WHAT YOU ARE ASKED TO DO
Would you write out the lines from the one containing "unfoldable pub total_done : List Part → ℤ" to the end of the records below, exactly and in full, please?

(MATERIALS PROVIDED Opens)

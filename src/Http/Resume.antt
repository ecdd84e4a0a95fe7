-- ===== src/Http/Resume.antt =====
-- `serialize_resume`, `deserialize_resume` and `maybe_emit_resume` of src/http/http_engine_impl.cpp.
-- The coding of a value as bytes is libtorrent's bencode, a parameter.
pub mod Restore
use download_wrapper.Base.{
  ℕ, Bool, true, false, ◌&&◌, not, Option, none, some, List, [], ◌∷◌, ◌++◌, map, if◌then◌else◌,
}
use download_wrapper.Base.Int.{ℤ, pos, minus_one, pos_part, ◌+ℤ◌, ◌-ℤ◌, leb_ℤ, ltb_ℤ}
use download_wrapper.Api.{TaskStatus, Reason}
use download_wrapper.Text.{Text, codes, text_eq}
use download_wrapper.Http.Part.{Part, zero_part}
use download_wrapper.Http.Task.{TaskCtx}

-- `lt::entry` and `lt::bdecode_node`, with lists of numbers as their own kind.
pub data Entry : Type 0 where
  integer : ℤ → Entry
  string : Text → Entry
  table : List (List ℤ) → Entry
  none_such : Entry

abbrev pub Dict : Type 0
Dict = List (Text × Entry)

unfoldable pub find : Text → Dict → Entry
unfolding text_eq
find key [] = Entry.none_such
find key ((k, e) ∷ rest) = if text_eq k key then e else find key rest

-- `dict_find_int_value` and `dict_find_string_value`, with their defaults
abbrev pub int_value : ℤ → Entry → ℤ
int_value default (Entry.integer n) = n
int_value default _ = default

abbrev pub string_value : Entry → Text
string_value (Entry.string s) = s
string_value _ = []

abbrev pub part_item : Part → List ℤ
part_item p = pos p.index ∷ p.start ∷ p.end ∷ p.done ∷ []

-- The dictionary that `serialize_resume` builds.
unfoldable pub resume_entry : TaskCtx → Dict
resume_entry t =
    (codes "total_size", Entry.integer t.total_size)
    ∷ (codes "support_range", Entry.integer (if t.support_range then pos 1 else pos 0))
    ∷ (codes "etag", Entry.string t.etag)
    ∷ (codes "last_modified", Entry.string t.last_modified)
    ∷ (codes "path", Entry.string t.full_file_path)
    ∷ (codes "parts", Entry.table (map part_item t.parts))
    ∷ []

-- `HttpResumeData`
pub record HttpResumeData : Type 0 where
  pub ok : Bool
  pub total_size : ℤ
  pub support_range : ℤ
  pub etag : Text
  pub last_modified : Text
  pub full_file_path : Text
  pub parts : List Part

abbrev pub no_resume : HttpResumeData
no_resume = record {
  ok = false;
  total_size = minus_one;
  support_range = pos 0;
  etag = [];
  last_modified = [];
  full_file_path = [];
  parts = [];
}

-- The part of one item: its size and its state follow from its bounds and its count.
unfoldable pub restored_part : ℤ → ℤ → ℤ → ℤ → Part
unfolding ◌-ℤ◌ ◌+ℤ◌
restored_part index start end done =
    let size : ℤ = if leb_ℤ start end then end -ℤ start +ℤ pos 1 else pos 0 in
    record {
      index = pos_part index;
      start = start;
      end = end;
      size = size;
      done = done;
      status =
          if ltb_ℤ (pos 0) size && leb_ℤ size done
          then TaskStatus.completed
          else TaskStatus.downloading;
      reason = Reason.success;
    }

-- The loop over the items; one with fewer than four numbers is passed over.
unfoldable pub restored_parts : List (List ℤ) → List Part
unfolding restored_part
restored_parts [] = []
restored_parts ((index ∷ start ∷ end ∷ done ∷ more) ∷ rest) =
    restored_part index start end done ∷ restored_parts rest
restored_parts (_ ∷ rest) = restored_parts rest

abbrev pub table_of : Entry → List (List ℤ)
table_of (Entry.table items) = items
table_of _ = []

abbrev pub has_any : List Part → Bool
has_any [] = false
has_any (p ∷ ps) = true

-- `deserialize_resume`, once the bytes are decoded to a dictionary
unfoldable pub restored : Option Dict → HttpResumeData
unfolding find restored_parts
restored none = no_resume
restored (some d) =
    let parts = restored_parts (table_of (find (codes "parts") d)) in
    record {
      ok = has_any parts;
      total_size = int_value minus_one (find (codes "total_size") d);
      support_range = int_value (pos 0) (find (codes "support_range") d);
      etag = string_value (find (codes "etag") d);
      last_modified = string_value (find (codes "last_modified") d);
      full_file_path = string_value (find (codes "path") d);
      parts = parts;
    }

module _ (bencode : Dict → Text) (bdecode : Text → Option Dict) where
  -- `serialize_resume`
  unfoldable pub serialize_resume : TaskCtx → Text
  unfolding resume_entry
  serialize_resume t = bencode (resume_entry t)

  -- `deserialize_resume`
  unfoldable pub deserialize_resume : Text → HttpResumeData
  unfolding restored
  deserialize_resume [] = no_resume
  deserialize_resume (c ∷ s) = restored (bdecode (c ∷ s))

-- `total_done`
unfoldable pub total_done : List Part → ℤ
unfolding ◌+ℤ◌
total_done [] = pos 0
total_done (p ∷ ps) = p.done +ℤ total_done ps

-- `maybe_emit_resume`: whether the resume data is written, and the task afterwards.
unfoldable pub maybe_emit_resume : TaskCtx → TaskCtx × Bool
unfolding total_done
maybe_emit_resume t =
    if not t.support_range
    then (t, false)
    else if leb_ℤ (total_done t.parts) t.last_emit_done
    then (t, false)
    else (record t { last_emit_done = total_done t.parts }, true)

(MATERIALS PROVIDED Closes)

ANSWER AREA
unfoldable pub total_done : List Part → ℤ
unfolding ◌+ℤ◌
total_done [] = pos 0
total_done (p ∷ ps) = p.done +ℤ total_done ps

-- `maybe_emit_resume`: whether the resume data is written, and the task afterwards.
unfoldable pub maybe_emit_resume : TaskCtx → TaskCtx × Bool
unfolding total_done
maybe_emit_resume t =
    if not t.support_range
    then (t, false)
    else if leb_ℤ (total_done t.parts) t.last_emit_done
    then (t, false)
    else (record t { last_emit_done = total_done t.parts }, true)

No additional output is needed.